Stundenlang auf Smartphones und Tablets zu starren, wirkt sich auf die Sehfähigkeit von Kindern negativ aus. Immer mehr werden kurzsichtig.

Laut Ophtalmologen besteht aber auch ein Zusammenhang zwischen Ausbildungsstatus (Dauer der Schulzeit) und der zunehmenden Kurzsichtigkeit.

Der Deutschlandfunk zitiert einen Augenheilkundler: "Was man ganz sicher sagen kann, ist: Die Ausbildung, also der Ausbildungsstatus, hat einen großen Einfluss auf die Kurzsichtigkeit und man kann ganz gut korrelieren: Die Jahre der Ausbildung mit dem mittleren Kurzsichtigkeitswert. Und da kommt heraus, dass man etwa pro Jahr Studium oder Schule etwa eine Viertel Dioptrien kurzsichtiger wird, über die ganze Bevölkerung gemittelt. Das ist die beste und sauberste Korrelation eigentlich in der Biografieforschung."

Besonders extrem ist die Situation in ostasiatischen Ländern. "In der südkoreanischen Hauptstadt Seoul sind inzwischen bis zu 95 Prozent der unter 20-Jährigen kurzsichtig. In anderen asiatischen Staaten mit hohem Ausbildungsstatus sind die Zahlen ähnlich dramatisch angestiegen." Grund: die Art der Beschulung von Kindern.
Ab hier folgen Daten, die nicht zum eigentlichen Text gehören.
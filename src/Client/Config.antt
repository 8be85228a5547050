-- ===== src/Client/Config.antt =====
-- fusen/src/client/config.rs: the validation of the settings for retries and circuit breakers. An error has
-- its kind and the path of the field; the sentence of explanation is left out. A failure ratio is of any
-- type, with the test that it is finite and between 0 and 1.
pub mod Valid
use Prim.Native.String.{String}
use fusen_rs.Prelude.{ℕ, Bool, ◌&&◌, ltb, leb, ◌==◌, if◌then◌else◌, Result, ok, err, ◌>>◌}

pub data ConfigValidationErrorKind : Type 0 where
  out_of_range inconsistent : ConfigValidationErrorKind

pub record ConfigValidationError : Type 0 where
  pub kind : ConfigValidationErrorKind
  pub field_path : String

abbrev pub Validation : Type 0
Validation = Result Unit ConfigValidationError

abbrev pub refused : ConfigValidationErrorKind → String → ConfigValidationError
refused kind field_path = record { kind = kind; field_path = field_path }

-- An early return where a test fails.
unfoldable pub require : Bool → ConfigValidationError → Validation
require passed e = if passed then ok tt else err e

-- `positive_duration`, `positive_usize` and `positive_u32`.
abbrev pub positive : ℕ → String → Validation
positive value field_path = require (ltb 0 value) (refused out_of_range field_path)

pub record RetryConfig : Type 0 where
  pub max_attempts : ℕ
  pub backoff_base : ℕ
  pub backoff_cap : ℕ
  pub budget_capacity : ℕ
  pub budget_refill_per_second : ℕ

unfoldable pub validate_retry : RetryConfig → Validation
unfolding require
validate_retry c =
    require (leb 1 c.max_attempts && leb c.max_attempts 3)
      (refused out_of_range "client.retry.max_attempts")
    >> (positive c.backoff_base "client.retry.backoff_base"
        >> (positive c.backoff_cap "client.retry.backoff_cap"
            >> (require (leb c.backoff_base c.backoff_cap)
                  (refused inconsistent "client.retry.backoff_base")
                >> (positive c.budget_capacity "client.retry.budget_capacity"
                    >> positive c.budget_refill_per_second
                        "client.retry.budget_refill_per_second"))))

pub record BreakerThreshold (R : Type 0) : Type 0 where
  pub window : ℕ
  pub buckets : ℕ
  pub minimum_samples : ℕ
  pub failure_ratio : R
  pub open_duration : ℕ
  pub half_open_probes : ℕ
  pub close_successes : ℕ

pub record CircuitBreakerConfig (R : Type 0) : Type 0 where
  pub endpoint : BreakerThreshold R
  pub service : BreakerThreshold R
  pub max_open_duration : ℕ
  pub max_endpoint_entries : ℕ
  pub idle_eviction : ℕ

pub data ThresholdScope : Type 0 where
  endpoint service standalone : ThresholdScope

pub record ThresholdPaths : Type 0 where
  pub window : String
  pub buckets : String
  pub minimum_samples : String
  pub failure_ratio : String
  pub open_duration : String
  pub half_open_probes : String
  pub close_successes : String

abbrev pub paths_of : ThresholdScope → ThresholdPaths
paths_of endpoint = record {
  window = "client.circuit_breaker.endpoint.window";
  buckets = "client.circuit_breaker.endpoint.buckets";
  minimum_samples = "client.circuit_breaker.endpoint.minimum_samples";
  failure_ratio = "client.circuit_breaker.endpoint.failure_ratio";
  open_duration = "client.circuit_breaker.endpoint.open_duration";
  half_open_probes = "client.circuit_breaker.endpoint.half_open_probes";
  close_successes = "client.circuit_breaker.endpoint.close_successes";
}
paths_of service = record {
  window = "client.circuit_breaker.service.window";
  buckets = "client.circuit_breaker.service.buckets";
  minimum_samples = "client.circuit_breaker.service.minimum_samples";
  failure_ratio = "client.circuit_breaker.service.failure_ratio";
  open_duration = "client.circuit_breaker.service.open_duration";
  half_open_probes = "client.circuit_breaker.service.half_open_probes";
  close_successes = "client.circuit_breaker.service.close_successes";
}
paths_of standalone = record {
  window = "breaker_threshold.window";
  buckets = "breaker_threshold.buckets";
  minimum_samples = "breaker_threshold.minimum_samples";
  failure_ratio = "breaker_threshold.failure_ratio";
  open_duration = "breaker_threshold.open_duration";
  half_open_probes = "breaker_threshold.half_open_probes";
  close_successes = "breaker_threshold.close_successes";
}

module _ {R : Type 0} (is_ratio : R → Bool) where
  unfoldable pub validate_threshold : BreakerThreshold R → ThresholdScope → Validation
  unfolding require
  validate_threshold c scope =
      let paths = paths_of scope in
      positive c.window paths.window
      >> (positive c.buckets paths.buckets
          >> (positive c.minimum_samples paths.minimum_samples
              >> (require (is_ratio c.failure_ratio) (refused out_of_range paths.failure_ratio)
                  >> (positive c.open_duration paths.open_duration
                      >> (positive c.half_open_probes paths.half_open_probes
                          >> positive c.close_successes paths.close_successes)))))

  unfoldable pub validate_circuit_breaker : CircuitBreakerConfig R → Validation
  unfolding validate_threshold require
  validate_circuit_breaker c =
      validate_threshold c.endpoint ThresholdScope.endpoint
      >> (validate_threshold c.service ThresholdScope.service
          >> (positive c.max_open_duration "client.circuit_breaker.max_open_duration"
              >> (positive c.max_endpoint_entries "client.circuit_breaker.max_endpoint_entries"
                  >> positive c.idle_eviction "client.circuit_breaker.idle_eviction")))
Ian Morgan von der Australian National University in Canberra hat eine Erklärung: "In China bleiben die Kinder in der Pause meist in ihren Klassenräumen. Und das wird noch dadurch verstärkt, dass es unter Lehrern und den Schulbehörden die Haltung gibt, dass es gefährlich ist, die Kinder draußen spielen zu lassen. Das gilt auch für den Sportunterricht, der meistens drinnen stattfindet. Außerdem wird der Sportunterricht kurz vor den Prüfungen oft gestrichen, damit die Kinder mehr lernen können. Und all das wirkt sich enorm auf die Gesundheit der SchülerInnen aus."

Morgan verordnete Kindern eine Extrazeit im Freien, die schon nach kurzer Zeit einen positiven Effekt hervorrief. Von 900 untersuchten Schülern wurden nur 30 Prozent mit neun oder zehn Jahren kurzsichtig. In der Kontrollgruppe, die im Klassenzimmer blieb, waren es 40 Prozent. Die Experimente wurden über einen Zeitraum von drei Jahren durchgeführt. Doch ein Effekt ließ sich schon nach relativ kurzer Zeit beobachten.

Wer gewohnheitsmäßig nur in die Nähe blickt, wird kurzsichtig, das Auge wird durch das Sehen "erzogen": "Was ganz sicher für die Kurzsichtigkeit ungeeignet oder schlecht ist, ist, wenn man immer drinnen sitzt mit kurzem Sehabstand. Zum Beispiel den ganzen Tag Computerspiele auf kurze Entfernung – das ist sicher nicht das Optimum."